RASIOO.id – Komisi IV Dewan Perwakilan Rakyat Daerah (DPRD) Kota Bogor menggelar rapat pembahasan pengembangan sektor pariwisata guna mengatasi keterbatasan anggaran daerah, Selasa, 3 Februari 2026.
Dalam rapat tersebut, Ketua Komisi IV DPRD Kota Bogor, Fajar, menyoroti ketidakseimbangan antara total anggaran Dinas Kebudayaan dan Pariwisata (Disparbud) dengan porsi anggaran promosi wisata yang dinilai masih minim.
“Promosi merupakan ujung tombak untuk menarik wisatawan datang ke Kota Bogor,” ujar Fajar.
Sebagai solusi, DPRD mengarahkan Disparbud untuk mulai menggali potensi pengembangan pariwisata di luar Anggaran Pendapatan dan Belanja Daerah (APBD).
Salah satu strategi yang didorong adalah penyelenggaraan event secara konsisten di Kota Bogor.
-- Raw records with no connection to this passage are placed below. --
-- ===== src/IoLoop/Program.antt =====
-- ioloop/test.c: a program that reads the output of commands in the loop. The pipes of `popen`, what they answer to
-- each `read`, and which events `epoll_wait` returns are parameters. The second thread calls `f3` between two rounds
-- of the loop; that it may do so within a round, without a lock, is not modelled.
pub mod Clean
pub mod Loop
mod Samples
use divers.Base.{
  ℕ, ◌+◌, Bool, true, false, Option, none, some, List, [], ◌∷◌, ◌≡◌, ◌==◌, if◌then◌else◌,
}
use divers.Resources.{Held, stream, release, ◌>>=◌}
use divers.IoLoop.{EventDesc, Manager, Answers, init_lib, add_event}
use divers.IoLoop.Rounds.{Callback, main_loop, data_at, with_rev}
use divers.IoLoop.Delivery.{IsReady}

-- EPOLLIN, and EPOLLIN | EPOLLRDHUP.
abbrev pub epollin : ℕ
epollin = 1

abbrev pub epollin_rdhup : ℕ
epollin_rdhup = 8193

-- What the pipe behind each descriptor answers to `read`, call by call; -1 is `none`.
abbrev pub Pipes : Type 0
Pipes = (fd n : ℕ) → Option ℕ

-- A call of `read` takes its answer off the pipe.
abbrev pub read_off : (fd : ℕ) → Pipes → Pipes
read_off fd pipes fd' n = if fd' == fd then pipes fd' (n + 1) else pipes fd' n

-- `popen` gives a new pipe.
abbrev pub opened : (fd : ℕ) → (ℕ → Option ℕ) → Pipes → Pipes
opened fd pipe pipes fd' n = if fd' == fd then pipe n else pipes fd' n

-- `nbread > 0`.
abbrev pub is_positive : Option ℕ → Bool
is_positive none = false
is_positive (some n) = if n == 0 then false else true

-- `f2cbk`: what it returns, and the pipes behind it.
unfoldable pub f2cbk : EventDesc → Pipes → Option ℕ × Pipes
f2cbk d pipes = if d.rev == epollin then (pipes d.fd 0, read_off d.fd pipes) else (none, pipes)

-- The callback of the events, while the pipes have not been read from since the round began.
unfoldable pub on_event : Pipes → Callback
unfolding f2cbk
on_event pipes d m = ([], is_positive (f2cbk d pipes).0)

-- The pipes behind a round, which calls `f2cbk` for each event that is ready; these have different descriptors.
unfoldable pub read_round : List (ℕ × ℕ) → Manager → Pipes → Pipes
unfolding f2cbk data_at with_rev
read_round [] m pipes = pipes
read_round ((p, events) ∷ vec) m pipes = elim (data_at p m) [
  | none ↦ read_round vec m pipes
  | some e ↦ read_round vec m (f2cbk (with_rev events e.desc) pipes).1
]

-- `fcbk_clean`, on the streams that are open.
unfoldable pub fcbk_clean : EventDesc → Held → Option (EventDesc × Held)
fcbk_clean d streams =
    if d.ctx == 0
    then some (d, streams)
    else (release (stream d.ctx) streams >>= λ s. some (record d { ctx = 0 }, s))

-- The event that `f2` adds for the stream `fp`.
abbrev pub f2iol : (fp fileno : ℕ) → EventDesc
f2iol fp fileno = record {
  fd = fileno;
  ev = epollin_rdhup;
  rev = 0;
  ctx = fp;
  has_func = true;
  has_clean = true;
}

-- `f2`, with the stream that `popen` gives and its descriptor: whether the program goes on, and the table. `fileno`
-- of NULL is a fault.
unfoldable pub f2 : Option (ℕ × ℕ) → Answers → Manager → Option (Bool × Manager)
unfolding add_event
f2 none a m = none
f2 (some (fp, fileno)) a m =
    add_event a (f2iol fp fileno) m >>= λ (r : ℕ × Manager). some (r.0 == 0, r.1)

-- `f3`, which the second thread calls.
unfoldable pub f3 : Option (ℕ × ℕ) → Answers → Manager → Option (Bool × Manager)
unfolding f2
f3 popen a m = f2 popen a m

-- `main` up to its loop: three events.
abbrev pub Popen : Type 0
Popen = Option (ℕ × ℕ) × Answers

unfoldable pub f2_if : Bool → Popen → Manager → Option (Bool × Manager)
unfolding f2
f2_if true (popen, a) m = f2 popen a m
f2_if false _ m = some (false, m)

unfoldable pub setup : (p1 p2 p3 : Popen) → Manager → Option (Bool × Manager)
unfolding f2_if
setup p1 p2 p3 m = f2_if true p1 m >>= λ (r1 : Bool × Manager).
    f2_if r1.0 p2 r1.1 >>= λ (r2 : Bool × Manager). f2_if r2.0 p3 r2.1

-- The states that the loop of `main` passes, with what the pipes still answer: after the set-up, a round of
-- `iol_main_loop` or the second thread's call that is no end of the program.
pub data Reach : Pipes → Manager → Type 0 where
  started :
      (pipes : Pipes) (epfd : ℕ) (p1 p2 p3 : Popen) (m : Manager)
      → setup p1 p2 p3 (init_lib epfd) ≡ some (true, m)
      → Reach pipes m
  round :
      (pipes : Pipes) (m m' : Manager) (count : ℕ) (v : ℕ × ℕ) (vec : List (ℕ × ℕ))
      → Reach pipes m
      → IsReady m (v ∷ vec)
      → main_loop (on_event pipes) (v ∷ vec) m ≡ some (count, m')
      → Reach (read_round (v ∷ vec) m pipes) m'
  reload :
      (pipes : Pipes) (m m' : Manager) (fp fileno : ℕ) (pipe : ℕ → Option ℕ) (a : Answers)
      → Reach pipes m
      → f3 (some (fp, fileno)) a m ≡ some (true, m')
      → Reach (opened fileno pipe pipes) m'
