-- ===== src/IoLoop/Program/Clean.antt =====
-- ioloop/test.c: a round of the loop leaves no block of a description behind.
use divers.Base.{
  ℕ, ◌+◌, ◌≡◌, refl, sym, ap, ◌∙◌, arith, inl, inr, Bool, true, false, Option, some, List, [], ◌∷◌,
  All, Bool-cases, Option-cases, ◌==◌, if◌then◌else◌,
}
use mathlib.Core.Option.{some-injective}
use divers.Resources.{◌>>=◌}
use divers.IoLoop.{EventDesc, Event, Manager, tdelete, tfind, del_event, del_internal_event}
use divers.IoLoop.Rounds.{data_at, set_rev, with_rev, received, perform_all, call, handle, dispatch}
use divers.IoLoop.OwnDeletion.{del_internal_event-lost}
use divers.IoLoop.Program.{Pipes, on_event}

-- Every event has a cleaning function, and no block of a description is left behind.
abbrev pub AreClean : List Event → Type 0
AreClean es = All (λ e. e.desc.has_clean ≡ true) es

abbrev pub IsClean : Manager → Type 0
IsClean m = AreClean m.root × (m.lost ≡ [])

set_rev-AreClean : (p events : ℕ) (es : List Event) → AreClean es → AreClean (set_rev p events es)
unfolding set_rev with_rev
set_rev-AreClean p events [] c = tt
set_rev-AreClean p events (e ∷ es) (h, c) = elim (Bool-cases (e.data_ptr == p)) [
  | inl t ↦ rw t (h, c)
  | inr f ↦ rw f (h, set_rev-AreClean p events es c)
]

received-IsClean : (p events : ℕ) (m : Manager) → IsClean m → IsClean (received p events m)
unfolding received set_rev
received-IsClean p events m (c, l) = (set_rev-AreClean p events m.root c, rw l refl)

tdelete-AreClean : (fd : ℕ) (es : List Event) → AreClean es → AreClean (tdelete fd es)
tdelete-AreClean fd [] c = tt
tdelete-AreClean fd (e ∷ es) (h, c) = elim (Bool-cases (e.desc.fd == fd)) [
  | inl t ↦ rw t c
  | inr f ↦ rw f (h, tdelete-AreClean fd es c)
]

tfind-clean :
    (fd : ℕ) (es : List Event) (e : Event)
    → AreClean es
    → tfind fd es ≡ some e
    → e.desc.has_clean ≡ true
tfind-clean fd [] e c h = cc
tfind-clean fd (x ∷ es) e (h, c) f = elim (Bool-cases (x.desc.fd == fd)) [
  | inl t ↦ ap (λ y. y.desc.has_clean) (sym (some-injective x e (rw t at f))) ∙ h
  | inr n ↦ tfind-clean fd es e c (rw n at f)
]

del_internal_event-root :
    (fd : ℕ) (e : Event) (m m' : Manager)
    → (del_internal_event fd e m >>= λ r. some (r.1)) ≡ some m'
    → m'.root ≡ tdelete e.desc.fd m.root
unfolding del_internal_event
del_internal_event-root fd e m m' h = grind (arith, h)

del_event-IsClean :
    (fd : ℕ) (m m' : Manager)
    → IsClean m
    → (del_event fd m >>= λ r. some (r.1)) ≡ some m'
    → IsClean m'
unfolding del_event
del_event-IsClean fd m m' (c, l) h = elim (Option-cases (tfind fd m.root)) [
  | inl n ↦ rw⁻¹ (some-injective m m' (rw (n, del_event) at h)) (c, l)
  | inr (e, f) ↦
      let h' = rw (f, del_event) at h in
      let clean = tfind-clean fd m.root e c f in
      (
        rw (del_internal_event-root fd e m m' h') (tdelete-AreClean e.desc.fd m.root c),
        del_internal_event-lost fd e m m' h' ∙ rw clean l,
      )
]

module _ (pipes : Pipes) where
  -- What `iol_main_loop` does behind `f2cbk`.
  abbrev behind : (positive : Bool) (p : ℕ) (m : Manager) → Option Manager
  behind positive p m =
      if positive
      then some m
      else (data_at p m >>= λ curr. del_event curr.desc.fd m >>= λ r. some (r.1))

  behind-IsClean :
      (positive : Bool) (p : ℕ) (m m' : Manager)
      → IsClean m
      → behind positive p m ≡ some m'
      → IsClean m'
  behind-IsClean true p m m' c h = rw⁻¹ (some-injective m m' h) c
  behind-IsClean false p m m' c h = elim (Option-cases (data_at p m)) [
    | inl e ↦ absurd (grind (arith, h, e))
    | inr (curr, e) ↦ del_event-IsClean curr.desc.fd m m' c (rw e at h)
  ]

  call-IsClean :
      (p : ℕ) (d : EventDesc) (m m' : Manager)
      → IsClean m
      → call (on_event pipes) p d m ≡ some m'
      → IsClean m'
  unfolding call perform_all on_event
  call-IsClean p d m m' c h = behind-IsClean (on_event pipes d m).1 p m m' c h

  handle-IsClean :
      (p events : ℕ) (m m' : Manager)
      → IsClean m
      → handle (on_event pipes) p events m ≡ some m'
      → IsClean m'
  unfolding handle
  handle-IsClean p events m m' c h = elim (Bool-cases (p == 0)) [
    | inl z ↦ rw⁻¹ (some-injective m m' (rw (z, handle) at h)) c
    | inr nz ↦ elim (Option-cases (data_at p m)) [
      | inl e ↦ absurd (grind (arith, h, e, nz))
      | inr (e, at) ↦ elim (Bool-cases e.desc.has_func) [
        | inr n ↦ rw⁻¹ (some-injective m m' (simp (nz, at, n) at h)) c
        | inl f ↦
            call-IsClean p (with_rev events e.desc) (received p events m) m'
              (received-IsClean p events m c) (simp (nz, at, f) at h)
      ]
    ]
  ]

  pub dispatch-IsClean :
      (vec : List (ℕ × ℕ)) (i n : ℕ) (m m' : Manager)
      → IsClean m
      → dispatch (on_event pipes) vec i m ≡ some (n, m')
      → IsClean m'
  unfolding dispatch
  dispatch-IsClean [] i n m m' c h = rw⁻¹ (ap (λ q. q.1) (some-injective (i, m) (n, m') h)) c
  dispatch-IsClean ((p, events) ∷ vec) i n m m' c h =
      elim (Option-cases (handle (on_event pipes) p events m)) [
        | inl e ↦ absurd (grind (arith, h, e))
        | inr (m1, e) ↦
            dispatch-IsClean vec (i + 1) n m1 m' (handle-IsClean p events m m1 c e) (rw e at h)
      ]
“DPRD mengarahkan Disparbud untuk mulai menggali potensi pengembangan di sektor non-APBD dengan memperbanyak gelaran acara atau event yang konsisten,” kata Fajar.
Ia menyebutkan, idealnya Kota Bogor mampu menyelenggarakan minimal 90 event setiap tahun. Selain itu, kawasan Mulyaharja Saung Eling ditetapkan sebagai salah satu fokus pengembangan pariwisata karena memiliki nilai sejarah dan budaya yang kuat.
“Kami ingin pengunjung tidak hanya datang, tetapi juga membawa kesan positif. Apalagi menjelang Pekan Olahraga Provinsi (Porprov),” ujarnya.
Fajar juga menekankan pentingnya kesiapan Disparbud dalam menyusun skema penyambutan yang matang bagi para atlet dan ofisial Porprov agar mereka turut berwisata selama berada di Kota Bogor.
Sementara itu, Kepala Disparbud Kota Bogor, Firdaus, menyampaikan bahwa pihaknya telah menyiapkan sejumlah agenda pariwisata.
Saat ini, terdapat 56 event yang telah masuk dalam daftar resmi, dengan 10 di antaranya sebagai agenda unggulan.
“Tujuan utama 19 event unggulan tersebut adalah untuk meningkatkan Pendapatan Asli Daerah (PAD) serta menarik lebih banyak wisatawan berkunjung ke Kota Bogor,” ujar Firdaus.
Ia menambahkan, Disparbud juga terus memperkuat kolaborasi dengan komunitas dan pihak swasta agar pengembangan pariwisata tidak sepenuhnya bergantung pada APBD.
“Kami memiliki kegiatan non-APBD dengan berkolaborasi bersama pihak ketiga dan komunitas,” katanya.
Menurut Firdaus, langkah tersebut merupakan upaya membuka ruang seluas-luasnya agar pariwisata Kota Bogor semakin dikenal dan berkembang secara berkelanjutan.